> Exercise brief
Please restate, word for word, the lines below that begin at the one with "stored_dependencies id seen (item" and end at the one with "demand (node_id_re id". Leave out all other lines.

"""

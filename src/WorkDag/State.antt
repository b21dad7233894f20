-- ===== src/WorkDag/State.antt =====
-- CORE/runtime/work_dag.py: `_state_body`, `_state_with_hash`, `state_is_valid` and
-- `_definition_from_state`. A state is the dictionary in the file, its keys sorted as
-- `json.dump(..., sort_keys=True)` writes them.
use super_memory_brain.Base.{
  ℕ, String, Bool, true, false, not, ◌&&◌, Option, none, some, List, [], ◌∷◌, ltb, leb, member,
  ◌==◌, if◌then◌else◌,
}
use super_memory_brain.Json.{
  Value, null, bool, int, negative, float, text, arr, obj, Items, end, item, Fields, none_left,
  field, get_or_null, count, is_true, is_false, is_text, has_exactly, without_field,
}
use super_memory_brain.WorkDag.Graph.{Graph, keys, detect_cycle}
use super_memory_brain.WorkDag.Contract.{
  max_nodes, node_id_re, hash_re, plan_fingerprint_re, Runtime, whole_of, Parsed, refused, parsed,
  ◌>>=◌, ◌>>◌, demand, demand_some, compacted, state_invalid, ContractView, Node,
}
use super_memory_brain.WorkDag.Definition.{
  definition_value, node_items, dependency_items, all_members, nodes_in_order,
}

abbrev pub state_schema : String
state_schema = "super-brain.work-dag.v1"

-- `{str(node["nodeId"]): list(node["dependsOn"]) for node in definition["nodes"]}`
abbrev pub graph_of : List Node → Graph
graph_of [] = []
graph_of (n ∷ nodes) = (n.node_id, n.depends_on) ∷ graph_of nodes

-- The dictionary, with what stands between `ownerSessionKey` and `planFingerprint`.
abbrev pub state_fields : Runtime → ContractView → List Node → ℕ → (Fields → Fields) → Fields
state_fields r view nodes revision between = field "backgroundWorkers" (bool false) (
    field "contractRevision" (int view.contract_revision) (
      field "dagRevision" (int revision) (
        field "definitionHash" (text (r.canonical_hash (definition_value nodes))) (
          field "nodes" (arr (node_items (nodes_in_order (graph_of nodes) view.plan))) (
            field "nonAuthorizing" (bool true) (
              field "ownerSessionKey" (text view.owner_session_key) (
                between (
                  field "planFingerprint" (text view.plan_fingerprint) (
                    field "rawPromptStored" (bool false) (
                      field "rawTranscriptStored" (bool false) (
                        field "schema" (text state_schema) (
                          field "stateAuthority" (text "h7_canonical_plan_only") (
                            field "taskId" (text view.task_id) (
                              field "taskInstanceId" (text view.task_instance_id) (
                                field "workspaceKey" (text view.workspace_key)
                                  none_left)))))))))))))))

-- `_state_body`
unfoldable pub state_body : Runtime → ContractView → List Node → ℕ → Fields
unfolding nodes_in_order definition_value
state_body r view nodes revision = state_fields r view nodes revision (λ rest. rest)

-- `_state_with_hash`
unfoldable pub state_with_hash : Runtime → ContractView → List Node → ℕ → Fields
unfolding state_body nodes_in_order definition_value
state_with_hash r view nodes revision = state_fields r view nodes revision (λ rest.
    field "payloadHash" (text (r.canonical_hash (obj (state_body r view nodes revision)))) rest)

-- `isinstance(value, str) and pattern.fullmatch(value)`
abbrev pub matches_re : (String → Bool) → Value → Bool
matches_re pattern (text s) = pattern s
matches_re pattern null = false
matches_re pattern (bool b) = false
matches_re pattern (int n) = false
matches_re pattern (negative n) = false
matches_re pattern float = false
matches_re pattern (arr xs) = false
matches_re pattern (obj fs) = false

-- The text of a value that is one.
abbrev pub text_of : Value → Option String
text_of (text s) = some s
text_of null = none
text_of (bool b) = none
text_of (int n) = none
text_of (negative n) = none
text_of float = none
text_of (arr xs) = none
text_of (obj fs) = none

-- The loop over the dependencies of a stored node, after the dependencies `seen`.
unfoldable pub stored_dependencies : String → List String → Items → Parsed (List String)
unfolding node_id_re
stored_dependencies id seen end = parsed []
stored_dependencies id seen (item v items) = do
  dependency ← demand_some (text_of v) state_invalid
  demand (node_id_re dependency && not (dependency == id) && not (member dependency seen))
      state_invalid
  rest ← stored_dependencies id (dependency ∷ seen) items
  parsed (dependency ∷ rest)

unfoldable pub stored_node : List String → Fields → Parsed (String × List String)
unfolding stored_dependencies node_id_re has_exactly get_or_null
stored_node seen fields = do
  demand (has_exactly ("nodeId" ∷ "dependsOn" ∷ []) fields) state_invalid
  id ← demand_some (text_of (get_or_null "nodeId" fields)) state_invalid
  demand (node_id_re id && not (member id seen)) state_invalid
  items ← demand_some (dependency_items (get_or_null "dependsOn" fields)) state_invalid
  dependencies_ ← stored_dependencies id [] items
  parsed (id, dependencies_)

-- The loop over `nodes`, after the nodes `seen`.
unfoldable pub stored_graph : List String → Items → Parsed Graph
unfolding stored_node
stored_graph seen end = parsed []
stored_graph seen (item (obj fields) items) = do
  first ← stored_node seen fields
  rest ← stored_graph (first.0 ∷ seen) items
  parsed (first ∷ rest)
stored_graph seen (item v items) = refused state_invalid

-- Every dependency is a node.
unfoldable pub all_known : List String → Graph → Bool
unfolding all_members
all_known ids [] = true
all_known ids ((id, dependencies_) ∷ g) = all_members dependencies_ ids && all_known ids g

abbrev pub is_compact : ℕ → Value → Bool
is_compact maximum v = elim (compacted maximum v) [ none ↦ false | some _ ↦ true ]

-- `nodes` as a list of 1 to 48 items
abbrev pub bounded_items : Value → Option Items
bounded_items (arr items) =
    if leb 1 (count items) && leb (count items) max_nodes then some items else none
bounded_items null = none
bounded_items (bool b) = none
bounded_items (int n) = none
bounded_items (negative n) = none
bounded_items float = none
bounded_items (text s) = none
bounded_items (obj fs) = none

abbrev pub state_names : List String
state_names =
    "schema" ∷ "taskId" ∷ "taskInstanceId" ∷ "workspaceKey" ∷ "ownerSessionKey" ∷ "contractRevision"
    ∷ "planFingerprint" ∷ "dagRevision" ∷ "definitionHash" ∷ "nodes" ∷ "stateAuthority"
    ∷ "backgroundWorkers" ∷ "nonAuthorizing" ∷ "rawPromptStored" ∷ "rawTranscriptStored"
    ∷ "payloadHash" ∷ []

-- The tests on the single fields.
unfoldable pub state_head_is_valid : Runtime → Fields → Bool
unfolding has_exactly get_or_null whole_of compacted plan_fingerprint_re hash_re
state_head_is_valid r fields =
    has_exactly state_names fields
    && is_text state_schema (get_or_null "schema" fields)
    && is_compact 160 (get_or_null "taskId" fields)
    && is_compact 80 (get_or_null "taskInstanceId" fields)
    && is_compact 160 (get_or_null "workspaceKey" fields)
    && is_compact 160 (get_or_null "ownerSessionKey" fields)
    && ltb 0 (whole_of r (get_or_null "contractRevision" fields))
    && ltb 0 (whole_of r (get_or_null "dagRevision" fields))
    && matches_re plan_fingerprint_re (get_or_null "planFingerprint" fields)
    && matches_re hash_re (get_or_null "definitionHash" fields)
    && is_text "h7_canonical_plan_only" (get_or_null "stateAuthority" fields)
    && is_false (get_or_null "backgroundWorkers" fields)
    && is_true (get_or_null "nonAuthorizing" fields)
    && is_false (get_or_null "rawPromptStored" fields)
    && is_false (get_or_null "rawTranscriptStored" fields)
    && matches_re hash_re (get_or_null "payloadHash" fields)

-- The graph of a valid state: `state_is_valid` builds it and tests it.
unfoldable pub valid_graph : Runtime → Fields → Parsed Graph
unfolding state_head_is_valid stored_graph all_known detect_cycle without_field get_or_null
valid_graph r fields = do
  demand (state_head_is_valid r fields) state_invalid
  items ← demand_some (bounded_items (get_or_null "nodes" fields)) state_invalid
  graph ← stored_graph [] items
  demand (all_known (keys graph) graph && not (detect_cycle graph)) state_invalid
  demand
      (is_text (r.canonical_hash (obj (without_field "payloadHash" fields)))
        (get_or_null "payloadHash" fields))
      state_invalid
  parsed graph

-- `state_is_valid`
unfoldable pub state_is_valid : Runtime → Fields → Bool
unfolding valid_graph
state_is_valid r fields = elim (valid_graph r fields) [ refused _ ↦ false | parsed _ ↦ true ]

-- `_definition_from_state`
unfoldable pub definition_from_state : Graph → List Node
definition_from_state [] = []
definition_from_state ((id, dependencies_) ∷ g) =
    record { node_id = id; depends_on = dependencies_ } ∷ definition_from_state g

"""

> Solution to this exercise
stored_dependencies id seen (item v items) = do
  dependency ← demand_some (text_of v) state_invalid
  demand (node_id_re dependency && not (dependency == id) && not (member dependency seen))
      state_invalid
  rest ← stored_dependencies id (dependency ∷ seen) items
  parsed (dependency ∷ rest)

unfoldable pub stored_node : List String → Fields → Parsed (String × List String)
unfolding stored_dependencies node_id_re has_exactly get_or_null
stored_node seen fields = do
  demand (has_exactly ("nodeId" ∷ "dependsOn" ∷ []) fields) state_invalid
  id ← demand_some (text_of (get_or_null "nodeId" fields)) state_invalid
  demand (node_id_re id && not (member id seen)) state_invalid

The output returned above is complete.